**Assigned task**. From the entries below, return only the lines starting at the one that contains "use mathlib.Core.List.Memᴰ" and ending at the one that contains "unfolding earliest nearer", exactly as they stand.

**Data to use**.
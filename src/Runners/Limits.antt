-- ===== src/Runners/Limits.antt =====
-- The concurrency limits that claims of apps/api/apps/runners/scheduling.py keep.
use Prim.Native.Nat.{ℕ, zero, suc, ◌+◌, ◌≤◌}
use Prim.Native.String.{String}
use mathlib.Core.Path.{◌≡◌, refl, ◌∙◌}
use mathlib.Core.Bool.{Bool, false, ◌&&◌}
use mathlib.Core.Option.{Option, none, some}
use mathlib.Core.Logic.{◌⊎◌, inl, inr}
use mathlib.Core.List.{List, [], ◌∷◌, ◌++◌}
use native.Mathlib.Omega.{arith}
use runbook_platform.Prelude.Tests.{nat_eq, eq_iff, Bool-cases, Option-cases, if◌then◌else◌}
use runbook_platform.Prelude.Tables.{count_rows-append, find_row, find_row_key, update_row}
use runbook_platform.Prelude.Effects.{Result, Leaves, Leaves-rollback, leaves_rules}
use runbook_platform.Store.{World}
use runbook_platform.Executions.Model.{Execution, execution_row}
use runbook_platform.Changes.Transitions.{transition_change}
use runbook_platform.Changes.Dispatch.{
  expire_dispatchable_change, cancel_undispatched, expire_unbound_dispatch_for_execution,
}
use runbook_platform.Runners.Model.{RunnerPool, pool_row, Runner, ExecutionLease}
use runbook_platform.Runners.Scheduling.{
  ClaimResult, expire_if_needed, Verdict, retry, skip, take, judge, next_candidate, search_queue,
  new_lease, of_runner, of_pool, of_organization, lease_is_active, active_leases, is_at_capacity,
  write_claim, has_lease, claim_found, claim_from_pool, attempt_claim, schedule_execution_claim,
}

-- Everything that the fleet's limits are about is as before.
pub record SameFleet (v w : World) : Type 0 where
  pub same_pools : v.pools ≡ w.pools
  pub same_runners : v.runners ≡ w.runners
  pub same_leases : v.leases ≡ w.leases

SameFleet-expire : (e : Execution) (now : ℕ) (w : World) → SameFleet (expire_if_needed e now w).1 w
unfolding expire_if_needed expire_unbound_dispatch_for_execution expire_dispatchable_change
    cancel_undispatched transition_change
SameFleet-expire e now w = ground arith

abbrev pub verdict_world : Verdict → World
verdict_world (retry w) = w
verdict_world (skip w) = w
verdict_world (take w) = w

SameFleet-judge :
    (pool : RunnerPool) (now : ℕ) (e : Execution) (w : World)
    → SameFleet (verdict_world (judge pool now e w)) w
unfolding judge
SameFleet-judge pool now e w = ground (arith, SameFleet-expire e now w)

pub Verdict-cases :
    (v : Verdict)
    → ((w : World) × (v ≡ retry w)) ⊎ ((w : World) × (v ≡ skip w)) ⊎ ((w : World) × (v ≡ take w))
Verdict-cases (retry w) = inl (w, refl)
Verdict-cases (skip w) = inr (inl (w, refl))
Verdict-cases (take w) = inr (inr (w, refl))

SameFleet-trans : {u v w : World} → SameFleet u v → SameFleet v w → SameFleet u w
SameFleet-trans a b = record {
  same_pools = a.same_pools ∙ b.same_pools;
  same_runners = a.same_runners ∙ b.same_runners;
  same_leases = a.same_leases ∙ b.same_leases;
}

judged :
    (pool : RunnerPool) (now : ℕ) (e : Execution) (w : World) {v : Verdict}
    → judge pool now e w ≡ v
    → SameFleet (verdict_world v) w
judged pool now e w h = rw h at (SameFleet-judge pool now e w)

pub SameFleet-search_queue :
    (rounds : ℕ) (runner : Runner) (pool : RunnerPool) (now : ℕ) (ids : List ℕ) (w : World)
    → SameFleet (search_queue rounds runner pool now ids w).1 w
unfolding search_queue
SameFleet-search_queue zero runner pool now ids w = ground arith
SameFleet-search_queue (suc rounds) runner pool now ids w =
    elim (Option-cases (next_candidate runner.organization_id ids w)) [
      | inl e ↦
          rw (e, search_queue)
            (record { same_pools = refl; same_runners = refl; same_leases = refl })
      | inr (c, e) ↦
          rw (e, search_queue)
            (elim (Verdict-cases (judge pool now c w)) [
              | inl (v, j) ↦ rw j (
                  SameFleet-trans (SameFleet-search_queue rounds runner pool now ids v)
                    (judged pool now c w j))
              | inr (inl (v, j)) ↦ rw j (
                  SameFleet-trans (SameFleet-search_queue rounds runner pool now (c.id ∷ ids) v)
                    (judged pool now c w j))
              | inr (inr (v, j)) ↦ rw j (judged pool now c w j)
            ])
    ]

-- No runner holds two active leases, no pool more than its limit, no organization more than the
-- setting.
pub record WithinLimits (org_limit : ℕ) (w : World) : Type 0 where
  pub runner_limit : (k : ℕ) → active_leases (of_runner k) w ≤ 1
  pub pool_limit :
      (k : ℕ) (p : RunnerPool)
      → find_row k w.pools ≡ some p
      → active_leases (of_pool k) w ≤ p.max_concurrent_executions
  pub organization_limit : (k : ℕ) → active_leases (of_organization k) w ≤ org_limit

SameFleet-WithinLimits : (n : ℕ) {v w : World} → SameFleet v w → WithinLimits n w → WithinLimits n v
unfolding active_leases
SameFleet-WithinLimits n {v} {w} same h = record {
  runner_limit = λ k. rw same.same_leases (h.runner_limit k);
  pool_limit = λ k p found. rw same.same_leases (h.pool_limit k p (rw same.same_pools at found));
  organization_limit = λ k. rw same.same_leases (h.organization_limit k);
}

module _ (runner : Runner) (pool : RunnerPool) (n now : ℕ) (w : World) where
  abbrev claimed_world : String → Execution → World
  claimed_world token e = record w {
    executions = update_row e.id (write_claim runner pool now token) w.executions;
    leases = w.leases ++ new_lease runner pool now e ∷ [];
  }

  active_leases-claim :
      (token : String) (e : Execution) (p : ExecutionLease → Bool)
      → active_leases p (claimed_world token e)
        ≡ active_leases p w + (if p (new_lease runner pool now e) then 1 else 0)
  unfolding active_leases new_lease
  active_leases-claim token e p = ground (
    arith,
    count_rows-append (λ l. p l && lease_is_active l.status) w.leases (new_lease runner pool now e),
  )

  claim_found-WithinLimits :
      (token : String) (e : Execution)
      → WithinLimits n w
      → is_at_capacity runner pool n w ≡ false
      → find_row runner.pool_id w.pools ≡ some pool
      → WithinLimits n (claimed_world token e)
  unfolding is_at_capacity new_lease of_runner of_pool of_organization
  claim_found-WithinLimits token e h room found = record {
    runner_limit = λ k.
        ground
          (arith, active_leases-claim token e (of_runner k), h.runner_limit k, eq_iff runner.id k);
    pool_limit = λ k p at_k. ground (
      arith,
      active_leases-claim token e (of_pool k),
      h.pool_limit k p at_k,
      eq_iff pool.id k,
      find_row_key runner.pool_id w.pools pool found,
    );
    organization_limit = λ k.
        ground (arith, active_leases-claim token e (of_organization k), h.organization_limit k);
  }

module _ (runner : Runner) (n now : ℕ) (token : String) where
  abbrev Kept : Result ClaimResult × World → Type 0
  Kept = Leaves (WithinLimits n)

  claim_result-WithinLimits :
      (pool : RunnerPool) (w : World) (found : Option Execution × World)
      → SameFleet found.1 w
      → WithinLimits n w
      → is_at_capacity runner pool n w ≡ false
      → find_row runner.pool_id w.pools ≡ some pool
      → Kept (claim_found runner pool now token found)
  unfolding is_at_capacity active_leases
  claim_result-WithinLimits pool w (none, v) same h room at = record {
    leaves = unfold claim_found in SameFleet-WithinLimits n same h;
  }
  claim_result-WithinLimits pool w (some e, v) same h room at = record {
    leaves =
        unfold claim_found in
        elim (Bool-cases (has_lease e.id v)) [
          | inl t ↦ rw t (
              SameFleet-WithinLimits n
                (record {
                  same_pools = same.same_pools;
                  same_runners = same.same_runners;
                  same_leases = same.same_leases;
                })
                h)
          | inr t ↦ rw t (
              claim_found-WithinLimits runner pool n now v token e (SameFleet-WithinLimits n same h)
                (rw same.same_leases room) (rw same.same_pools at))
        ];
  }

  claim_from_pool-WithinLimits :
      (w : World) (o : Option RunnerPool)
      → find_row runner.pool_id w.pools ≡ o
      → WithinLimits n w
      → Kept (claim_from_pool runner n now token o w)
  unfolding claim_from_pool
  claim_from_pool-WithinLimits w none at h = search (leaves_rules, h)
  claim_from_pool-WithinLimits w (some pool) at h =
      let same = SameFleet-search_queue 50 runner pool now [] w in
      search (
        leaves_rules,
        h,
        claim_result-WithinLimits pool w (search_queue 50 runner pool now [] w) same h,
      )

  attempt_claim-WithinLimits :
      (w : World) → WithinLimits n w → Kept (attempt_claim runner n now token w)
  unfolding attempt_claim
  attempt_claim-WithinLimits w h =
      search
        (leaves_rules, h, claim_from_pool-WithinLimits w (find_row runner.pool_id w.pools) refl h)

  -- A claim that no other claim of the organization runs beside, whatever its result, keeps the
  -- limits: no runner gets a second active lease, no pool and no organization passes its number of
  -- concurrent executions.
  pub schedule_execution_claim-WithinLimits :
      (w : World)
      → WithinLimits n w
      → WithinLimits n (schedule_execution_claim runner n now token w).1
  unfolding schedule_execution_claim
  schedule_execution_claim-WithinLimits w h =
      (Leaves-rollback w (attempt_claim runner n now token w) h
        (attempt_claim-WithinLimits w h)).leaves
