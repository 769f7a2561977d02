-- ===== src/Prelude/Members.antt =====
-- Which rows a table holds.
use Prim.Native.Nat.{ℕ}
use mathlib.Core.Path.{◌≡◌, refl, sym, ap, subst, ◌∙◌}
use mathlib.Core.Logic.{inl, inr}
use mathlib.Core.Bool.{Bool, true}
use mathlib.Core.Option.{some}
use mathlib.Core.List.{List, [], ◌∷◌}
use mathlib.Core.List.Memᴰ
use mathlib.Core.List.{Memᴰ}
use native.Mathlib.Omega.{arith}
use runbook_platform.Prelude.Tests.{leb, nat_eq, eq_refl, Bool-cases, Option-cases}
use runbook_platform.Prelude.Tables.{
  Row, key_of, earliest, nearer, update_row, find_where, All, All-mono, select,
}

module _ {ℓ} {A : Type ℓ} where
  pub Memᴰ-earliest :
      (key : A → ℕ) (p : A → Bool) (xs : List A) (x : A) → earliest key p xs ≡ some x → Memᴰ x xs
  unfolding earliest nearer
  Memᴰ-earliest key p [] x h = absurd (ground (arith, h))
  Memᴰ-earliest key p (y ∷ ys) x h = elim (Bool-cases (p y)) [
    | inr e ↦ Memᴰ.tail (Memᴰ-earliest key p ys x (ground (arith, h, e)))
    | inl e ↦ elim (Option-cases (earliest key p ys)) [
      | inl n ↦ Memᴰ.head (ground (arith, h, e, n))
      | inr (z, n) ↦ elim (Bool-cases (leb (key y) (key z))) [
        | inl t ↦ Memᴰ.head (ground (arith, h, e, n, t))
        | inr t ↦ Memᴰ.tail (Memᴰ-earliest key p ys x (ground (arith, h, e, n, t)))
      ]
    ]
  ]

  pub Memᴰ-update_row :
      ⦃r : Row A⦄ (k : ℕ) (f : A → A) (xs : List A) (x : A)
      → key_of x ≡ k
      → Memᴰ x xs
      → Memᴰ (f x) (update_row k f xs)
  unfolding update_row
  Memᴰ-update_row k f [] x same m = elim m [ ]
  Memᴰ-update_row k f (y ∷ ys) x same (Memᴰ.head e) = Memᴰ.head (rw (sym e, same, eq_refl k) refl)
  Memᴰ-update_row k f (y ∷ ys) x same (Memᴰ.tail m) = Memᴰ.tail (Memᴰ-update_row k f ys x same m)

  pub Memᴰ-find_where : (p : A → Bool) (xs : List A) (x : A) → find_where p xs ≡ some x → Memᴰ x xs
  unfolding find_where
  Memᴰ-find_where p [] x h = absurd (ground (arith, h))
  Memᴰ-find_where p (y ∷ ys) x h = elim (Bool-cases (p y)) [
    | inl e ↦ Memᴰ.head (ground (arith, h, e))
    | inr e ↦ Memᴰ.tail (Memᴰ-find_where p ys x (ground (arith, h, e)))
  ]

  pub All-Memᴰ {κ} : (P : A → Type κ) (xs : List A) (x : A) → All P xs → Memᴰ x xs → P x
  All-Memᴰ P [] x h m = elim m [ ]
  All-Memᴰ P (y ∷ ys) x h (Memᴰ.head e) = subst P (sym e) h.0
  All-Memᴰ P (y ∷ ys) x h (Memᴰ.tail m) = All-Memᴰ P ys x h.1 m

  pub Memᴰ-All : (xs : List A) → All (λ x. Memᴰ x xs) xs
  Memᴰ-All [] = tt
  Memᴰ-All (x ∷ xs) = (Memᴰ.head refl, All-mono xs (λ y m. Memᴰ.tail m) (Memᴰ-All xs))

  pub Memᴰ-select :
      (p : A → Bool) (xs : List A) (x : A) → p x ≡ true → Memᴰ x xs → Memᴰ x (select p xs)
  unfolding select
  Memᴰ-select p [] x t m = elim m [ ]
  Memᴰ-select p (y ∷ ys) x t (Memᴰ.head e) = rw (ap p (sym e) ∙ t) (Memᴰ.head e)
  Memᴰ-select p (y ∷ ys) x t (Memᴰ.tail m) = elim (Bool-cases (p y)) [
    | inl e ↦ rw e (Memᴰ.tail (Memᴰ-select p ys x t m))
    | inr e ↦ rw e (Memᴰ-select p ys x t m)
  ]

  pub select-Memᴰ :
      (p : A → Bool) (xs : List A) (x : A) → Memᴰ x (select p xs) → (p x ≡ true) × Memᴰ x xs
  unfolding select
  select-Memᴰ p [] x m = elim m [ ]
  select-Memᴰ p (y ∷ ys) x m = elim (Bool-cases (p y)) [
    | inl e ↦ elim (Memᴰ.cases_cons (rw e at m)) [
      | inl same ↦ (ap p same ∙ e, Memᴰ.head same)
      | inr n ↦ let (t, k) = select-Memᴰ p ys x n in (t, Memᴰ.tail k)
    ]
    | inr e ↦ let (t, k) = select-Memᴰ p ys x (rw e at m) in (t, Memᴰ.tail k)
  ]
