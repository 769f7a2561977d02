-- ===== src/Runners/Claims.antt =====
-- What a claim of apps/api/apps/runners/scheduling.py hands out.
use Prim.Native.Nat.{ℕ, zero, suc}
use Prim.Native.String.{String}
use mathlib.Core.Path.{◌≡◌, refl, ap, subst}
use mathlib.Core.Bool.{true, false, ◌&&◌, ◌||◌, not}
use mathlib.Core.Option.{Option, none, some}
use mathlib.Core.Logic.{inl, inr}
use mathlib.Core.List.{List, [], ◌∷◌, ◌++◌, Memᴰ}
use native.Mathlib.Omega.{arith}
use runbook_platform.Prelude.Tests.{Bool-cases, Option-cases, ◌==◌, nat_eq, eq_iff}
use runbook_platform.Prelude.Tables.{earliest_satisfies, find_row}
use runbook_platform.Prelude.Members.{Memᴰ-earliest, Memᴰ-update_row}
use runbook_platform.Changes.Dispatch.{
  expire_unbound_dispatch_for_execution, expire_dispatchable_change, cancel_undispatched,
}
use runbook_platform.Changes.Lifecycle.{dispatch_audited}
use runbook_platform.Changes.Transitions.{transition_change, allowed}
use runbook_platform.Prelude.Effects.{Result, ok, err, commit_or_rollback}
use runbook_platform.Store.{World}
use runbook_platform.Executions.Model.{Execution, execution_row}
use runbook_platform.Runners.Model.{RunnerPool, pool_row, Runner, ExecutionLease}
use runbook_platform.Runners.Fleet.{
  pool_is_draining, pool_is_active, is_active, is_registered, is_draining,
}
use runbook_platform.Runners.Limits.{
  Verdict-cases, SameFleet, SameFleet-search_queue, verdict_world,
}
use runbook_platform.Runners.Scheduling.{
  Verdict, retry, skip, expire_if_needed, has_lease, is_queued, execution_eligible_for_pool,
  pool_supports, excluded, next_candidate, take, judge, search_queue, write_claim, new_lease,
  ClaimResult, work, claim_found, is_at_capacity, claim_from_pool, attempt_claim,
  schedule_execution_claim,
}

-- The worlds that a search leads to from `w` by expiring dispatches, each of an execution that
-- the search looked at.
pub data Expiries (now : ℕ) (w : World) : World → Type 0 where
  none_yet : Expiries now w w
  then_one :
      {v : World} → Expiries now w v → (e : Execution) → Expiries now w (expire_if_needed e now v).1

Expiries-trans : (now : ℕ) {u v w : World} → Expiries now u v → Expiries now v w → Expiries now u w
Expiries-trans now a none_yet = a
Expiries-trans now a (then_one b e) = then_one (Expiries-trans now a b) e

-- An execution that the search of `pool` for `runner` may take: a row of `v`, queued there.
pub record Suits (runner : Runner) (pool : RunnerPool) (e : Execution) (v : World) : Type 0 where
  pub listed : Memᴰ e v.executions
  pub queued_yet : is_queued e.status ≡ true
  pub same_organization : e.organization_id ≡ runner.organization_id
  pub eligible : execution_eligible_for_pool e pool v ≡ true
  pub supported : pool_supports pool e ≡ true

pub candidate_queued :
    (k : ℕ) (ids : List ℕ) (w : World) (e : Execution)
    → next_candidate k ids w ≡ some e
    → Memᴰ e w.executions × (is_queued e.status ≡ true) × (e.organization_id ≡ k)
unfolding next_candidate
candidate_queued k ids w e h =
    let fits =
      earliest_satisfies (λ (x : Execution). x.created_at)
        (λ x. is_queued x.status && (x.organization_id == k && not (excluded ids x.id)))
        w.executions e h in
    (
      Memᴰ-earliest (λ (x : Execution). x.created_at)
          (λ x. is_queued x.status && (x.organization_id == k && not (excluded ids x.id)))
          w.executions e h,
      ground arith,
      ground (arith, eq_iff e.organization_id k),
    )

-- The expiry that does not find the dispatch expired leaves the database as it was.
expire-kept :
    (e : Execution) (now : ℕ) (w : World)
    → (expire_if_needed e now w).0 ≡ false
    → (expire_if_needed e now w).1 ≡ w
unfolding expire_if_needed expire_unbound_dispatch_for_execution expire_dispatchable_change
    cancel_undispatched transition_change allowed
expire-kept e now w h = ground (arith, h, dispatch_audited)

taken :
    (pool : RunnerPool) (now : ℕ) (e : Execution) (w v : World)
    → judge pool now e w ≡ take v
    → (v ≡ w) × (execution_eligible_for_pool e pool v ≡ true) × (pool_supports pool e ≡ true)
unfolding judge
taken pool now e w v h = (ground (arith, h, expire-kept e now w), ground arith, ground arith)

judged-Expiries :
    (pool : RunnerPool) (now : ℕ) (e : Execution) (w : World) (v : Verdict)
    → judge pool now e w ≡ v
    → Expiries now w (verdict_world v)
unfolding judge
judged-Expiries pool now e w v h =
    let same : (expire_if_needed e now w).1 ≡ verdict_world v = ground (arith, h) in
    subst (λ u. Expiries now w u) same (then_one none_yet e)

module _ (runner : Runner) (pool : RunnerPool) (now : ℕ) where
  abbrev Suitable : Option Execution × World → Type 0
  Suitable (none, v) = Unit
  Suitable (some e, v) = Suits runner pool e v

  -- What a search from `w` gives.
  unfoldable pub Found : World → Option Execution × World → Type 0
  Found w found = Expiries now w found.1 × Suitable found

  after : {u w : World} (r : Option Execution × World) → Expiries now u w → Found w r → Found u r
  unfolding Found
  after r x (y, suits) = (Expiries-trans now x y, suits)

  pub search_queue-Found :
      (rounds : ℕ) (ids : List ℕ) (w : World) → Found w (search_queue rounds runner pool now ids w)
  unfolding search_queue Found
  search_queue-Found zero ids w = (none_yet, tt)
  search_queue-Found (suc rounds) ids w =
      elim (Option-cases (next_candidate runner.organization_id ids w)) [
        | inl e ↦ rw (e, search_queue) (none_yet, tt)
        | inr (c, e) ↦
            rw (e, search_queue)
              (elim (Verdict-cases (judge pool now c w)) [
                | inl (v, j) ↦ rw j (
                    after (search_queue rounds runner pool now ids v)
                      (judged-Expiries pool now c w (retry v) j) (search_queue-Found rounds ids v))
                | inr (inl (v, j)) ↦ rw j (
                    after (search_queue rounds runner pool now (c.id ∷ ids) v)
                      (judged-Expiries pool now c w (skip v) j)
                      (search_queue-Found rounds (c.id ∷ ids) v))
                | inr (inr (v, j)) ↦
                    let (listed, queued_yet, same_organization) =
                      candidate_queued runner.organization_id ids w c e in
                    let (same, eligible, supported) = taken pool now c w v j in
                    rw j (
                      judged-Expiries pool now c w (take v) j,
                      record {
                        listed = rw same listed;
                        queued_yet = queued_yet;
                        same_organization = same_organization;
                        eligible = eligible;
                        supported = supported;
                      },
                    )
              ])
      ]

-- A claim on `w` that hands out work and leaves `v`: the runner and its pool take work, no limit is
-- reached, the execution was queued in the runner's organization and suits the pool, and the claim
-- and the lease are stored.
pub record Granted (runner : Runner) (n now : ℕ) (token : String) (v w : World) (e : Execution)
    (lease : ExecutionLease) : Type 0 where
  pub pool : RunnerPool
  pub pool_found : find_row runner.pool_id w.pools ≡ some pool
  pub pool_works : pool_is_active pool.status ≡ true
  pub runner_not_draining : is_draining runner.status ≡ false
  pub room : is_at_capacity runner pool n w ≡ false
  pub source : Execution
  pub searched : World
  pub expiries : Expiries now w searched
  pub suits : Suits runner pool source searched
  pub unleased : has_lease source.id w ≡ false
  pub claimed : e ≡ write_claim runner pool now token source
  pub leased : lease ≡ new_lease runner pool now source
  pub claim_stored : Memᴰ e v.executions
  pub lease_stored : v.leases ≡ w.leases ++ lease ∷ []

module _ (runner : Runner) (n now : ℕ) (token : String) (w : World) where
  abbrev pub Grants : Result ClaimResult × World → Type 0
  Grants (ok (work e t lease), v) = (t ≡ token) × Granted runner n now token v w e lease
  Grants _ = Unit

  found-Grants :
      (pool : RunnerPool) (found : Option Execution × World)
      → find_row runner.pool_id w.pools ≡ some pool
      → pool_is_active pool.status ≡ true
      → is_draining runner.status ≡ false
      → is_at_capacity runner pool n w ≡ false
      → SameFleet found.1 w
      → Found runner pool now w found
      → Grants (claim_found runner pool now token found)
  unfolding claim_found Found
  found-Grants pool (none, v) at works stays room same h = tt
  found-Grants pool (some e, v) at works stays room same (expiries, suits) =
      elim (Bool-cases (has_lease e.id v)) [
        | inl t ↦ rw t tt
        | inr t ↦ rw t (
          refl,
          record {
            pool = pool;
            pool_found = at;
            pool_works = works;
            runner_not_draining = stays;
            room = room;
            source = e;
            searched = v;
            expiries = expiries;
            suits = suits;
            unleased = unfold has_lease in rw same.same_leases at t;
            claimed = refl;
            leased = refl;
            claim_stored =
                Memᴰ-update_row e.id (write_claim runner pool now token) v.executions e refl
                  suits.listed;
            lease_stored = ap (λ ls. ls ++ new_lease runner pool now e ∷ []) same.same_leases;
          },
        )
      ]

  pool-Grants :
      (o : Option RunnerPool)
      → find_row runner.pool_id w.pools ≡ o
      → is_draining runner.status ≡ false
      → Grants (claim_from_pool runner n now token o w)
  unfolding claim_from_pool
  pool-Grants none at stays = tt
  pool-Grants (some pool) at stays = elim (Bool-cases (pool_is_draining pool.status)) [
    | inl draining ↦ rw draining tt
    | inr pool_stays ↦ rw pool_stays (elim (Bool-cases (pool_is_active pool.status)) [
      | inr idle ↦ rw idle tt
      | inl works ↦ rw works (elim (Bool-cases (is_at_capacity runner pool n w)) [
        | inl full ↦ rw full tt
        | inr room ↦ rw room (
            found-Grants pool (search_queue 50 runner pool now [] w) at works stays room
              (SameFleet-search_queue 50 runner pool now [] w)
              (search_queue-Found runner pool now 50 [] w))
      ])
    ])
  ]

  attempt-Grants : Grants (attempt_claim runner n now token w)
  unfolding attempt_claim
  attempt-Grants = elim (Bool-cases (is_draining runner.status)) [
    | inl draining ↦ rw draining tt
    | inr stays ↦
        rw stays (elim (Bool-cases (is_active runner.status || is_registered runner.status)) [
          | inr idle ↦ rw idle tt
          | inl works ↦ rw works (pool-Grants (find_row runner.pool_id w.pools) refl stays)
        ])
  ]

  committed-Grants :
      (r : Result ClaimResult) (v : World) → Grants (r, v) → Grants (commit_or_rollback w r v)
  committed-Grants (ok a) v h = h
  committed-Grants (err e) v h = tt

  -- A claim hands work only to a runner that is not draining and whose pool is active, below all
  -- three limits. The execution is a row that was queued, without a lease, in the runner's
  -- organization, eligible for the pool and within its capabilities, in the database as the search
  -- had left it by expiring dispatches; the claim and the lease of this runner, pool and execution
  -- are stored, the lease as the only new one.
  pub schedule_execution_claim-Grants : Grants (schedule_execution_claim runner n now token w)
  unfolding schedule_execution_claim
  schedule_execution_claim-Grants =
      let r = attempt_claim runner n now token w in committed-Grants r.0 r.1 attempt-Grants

**Finished exercise**.
use mathlib.Core.List.Memᴰ
use mathlib.Core.List.{Memᴰ}
use native.Mathlib.Omega.{arith}
use runbook_platform.Prelude.Tests.{leb, nat_eq, eq_refl, Bool-cases, Option-cases}
use runbook_platform.Prelude.Tables.{
  Row, key_of, earliest, nearer, update_row, find_where, All, All-mono, select,
}

module _ {ℓ} {A : Type ℓ} where
  pub Memᴰ-earliest :
      (key : A → ℕ) (p : A → Bool) (xs : List A) (x : A) → earliest key p xs ≡ some x → Memᴰ x xs
  unfolding earliest nearer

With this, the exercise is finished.